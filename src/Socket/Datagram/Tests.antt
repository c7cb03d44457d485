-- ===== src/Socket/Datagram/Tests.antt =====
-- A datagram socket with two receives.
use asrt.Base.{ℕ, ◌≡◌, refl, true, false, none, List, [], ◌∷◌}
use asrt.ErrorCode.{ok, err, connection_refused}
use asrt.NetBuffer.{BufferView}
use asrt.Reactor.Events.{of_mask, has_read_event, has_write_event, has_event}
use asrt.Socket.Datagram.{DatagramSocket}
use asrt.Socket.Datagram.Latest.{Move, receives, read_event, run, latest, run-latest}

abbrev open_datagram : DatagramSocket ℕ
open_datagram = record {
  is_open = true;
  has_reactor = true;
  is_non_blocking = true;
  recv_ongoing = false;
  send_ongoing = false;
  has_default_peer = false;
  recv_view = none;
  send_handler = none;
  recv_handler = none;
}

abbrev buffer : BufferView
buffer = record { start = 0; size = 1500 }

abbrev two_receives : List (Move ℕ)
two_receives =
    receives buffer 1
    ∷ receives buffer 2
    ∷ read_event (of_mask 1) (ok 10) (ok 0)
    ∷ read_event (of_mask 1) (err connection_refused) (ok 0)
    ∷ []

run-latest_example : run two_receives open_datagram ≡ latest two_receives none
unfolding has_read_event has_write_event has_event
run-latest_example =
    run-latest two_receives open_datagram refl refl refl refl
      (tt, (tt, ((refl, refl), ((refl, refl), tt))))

————

● EXERCISE BRIEF
Show all lines from the entries that hold "Tests".

● EXERCISE ANSWER
filename src/Socket/Datagram/Tests.antt
-- ===== src/Socket/Datagram/Tests.antt =====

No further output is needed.